START Data listing
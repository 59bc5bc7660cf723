-- ===== src/Tcp/Checksum.antt =====
-- kernel/net/tcp.c: `tcp_checksum`, the one's complement sum of the pseudo-header and the packet.
use hobbyos.Base.{
  ℕ, zero, suc, ◌+◌, ◌*◌, ◌-◌, ◌/◌, ◌%◌, ◌^◌, ◌≤◌, ◌<◌, ◌≡◌, refl, ◌∙◌, List, [], ◌∷◌, ◌++◌, ltb,
  ◌==◌, if◌then◌else◌, length, arith, Bool-cases, inl, inr, true, false,
}

-- The sum of the 16-bit words of memory, the low byte first, and of a last single byte.
unfoldable pub word_sum : List ℕ → ℕ
word_sum [] = 0
word_sum (a ∷ []) = a
word_sum (a ∷ b ∷ rest) = a + b * 256 + word_sum rest

-- `htonl` and `htons`, as bytes in memory.
abbrev be32 : ℕ → List ℕ
be32 x = x / 2 ^ 24 % 256 ∷ x / 2 ^ 16 % 256 ∷ x / 2 ^ 8 % 256 ∷ x % 256 ∷ []

abbrev be16 : ℕ → List ℕ
be16 x = x / 256 % 256 ∷ x % 256 ∷ []

abbrev pseudo_header : ℕ → ℕ → ℕ → List ℕ
pseudo_header src_ip dst_ip tcp_len = be32 src_ip ++ be32 dst_ip ++ (0 ∷ 6 ∷ []) ++ be16 tcp_len

-- `while (sum >> 16)`, with the turns that are left: three are enough for a 32-bit sum.
unfoldable pub fold_carries : ℕ → ℕ → ℕ
fold_carries zero sum = sum
fold_carries (suc left) sum =
    let rest = fold_carries left (sum % 2 ^ 16 + sum / 2 ^ 16) in
    if sum / 2 ^ 16 == 0 then sum else rest

unfoldable pub tcp_checksum : List ℕ → ℕ → ℕ → ℕ
unfolding word_sum fold_carries
tcp_checksum bytes src_ip dst_ip =
    let sum = (word_sum (pseudo_header src_ip dst_ip (length bytes)) + word_sum bytes) % 2 ^ 32 in
    2 ^ 16 - 1 - fold_carries 3 sum

-- One turn more changes nothing once the sum is a word.
folded : (left s : ℕ) → s < 2 ^ 16 → fold_carries left s ≡ s
unfolding fold_carries
folded zero s h = refl
folded (suc left) s h = let e : (s / 2 ^ 16 == 0) ≡ true = ground (arith, h) in rw e refl

fold_one :
    (left s : ℕ)
    → 2 ^ 16 ≤ s
    → fold_carries (suc left) s ≡ fold_carries left (s % 2 ^ 16 + s / 2 ^ 16)
unfolding fold_carries
fold_one left s h = let e : (s / 2 ^ 16 == 0) ≡ false = ground (arith, h) in rw e refl

-- The sum of a sum's two words has the same remainder by 2^16 - 1.
same_rest : (s : ℕ) → (s % 2 ^ 16 + s / 2 ^ 16) % 65535 ≡ s % 65535
same_rest s = omega arith

-- The word that the folding of a 32-bit sum ends with, whatever turns are allowed beyond three.
abbrev Folds : ℕ → ℕ → Type 0
Folds s r = (r < 2 ^ 16) × (r % 65535 ≡ s % 65535)

fold_more :
    (more s : ℕ)
    → s < 2 ^ 32
    → (r : ℕ) × Folds s r × (fold_carries (suc (suc (suc more))) s ≡ r) × (fold_carries 3 s ≡ r)
fold_more more s h = elim (Bool-cases (ltb s (2 ^ 16))) [
  | inl small ↦
      (let lt : s < 2 ^ 16 = ground (arith, small) in
        (s, (lt, refl), folded (suc (suc (suc more))) s lt, folded 3 s lt))
  | inr big ↦
      (let t = s % 2 ^ 16 + s / 2 ^ 16 in
        let le : 2 ^ 16 ≤ s = ground (arith, big) in
        elim (Bool-cases (ltb t (2 ^ 16))) [
          | inl small ↦
              (let lt : t < 2 ^ 16 = ground (arith, small) in
                (
                  t,
                  (lt, same_rest s),
                  fold_one (suc (suc more)) s le ∙ folded (suc (suc more)) t lt,
                  fold_one 2 s le ∙ folded 2 t lt,
                ))
          | inr big' ↦
              (let u = t % 2 ^ 16 + t / 2 ^ 16 in
                let le' : 2 ^ 16 ≤ t = ground (arith, big') in
                let top : t ≤ 131070 = omega (arith, h) in
                let lt : u < 2 ^ 16 = omega (arith, top, le') in
                (
                  u,
                  (lt, same_rest t ∙ same_rest s),
                  fold_one (suc (suc more)) s le
                      ∙ fold_one (suc more) t le'
                      ∙ folded (suc more) u lt,
                  fold_one 2 s le ∙ fold_one 1 t le' ∙ folded 1 u lt,
                ))
        ])
]

-- Three turns fold a 32-bit sum to 16 bits, keep its remainder by 2^16 - 1, and any further turns
-- change nothing.
pub fold_carries_lem :
    (more s : ℕ)
    → s < 2 ^ 32
    → (fold_carries 3 s < 2 ^ 16)
      × (fold_carries 3 s % 65535 ≡ s % 65535)
      × (fold_carries (suc (suc (suc more))) s ≡ fold_carries 3 s)
fold_carries_lem more s h =
    let (r, fits, long, short) = fold_more more s h in rw (short, long) (fits.0, fits.1, refl)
END Data listing
Task description
Scan the records above and count the lines that contain "Bool". No text besides the count.

Answer section
3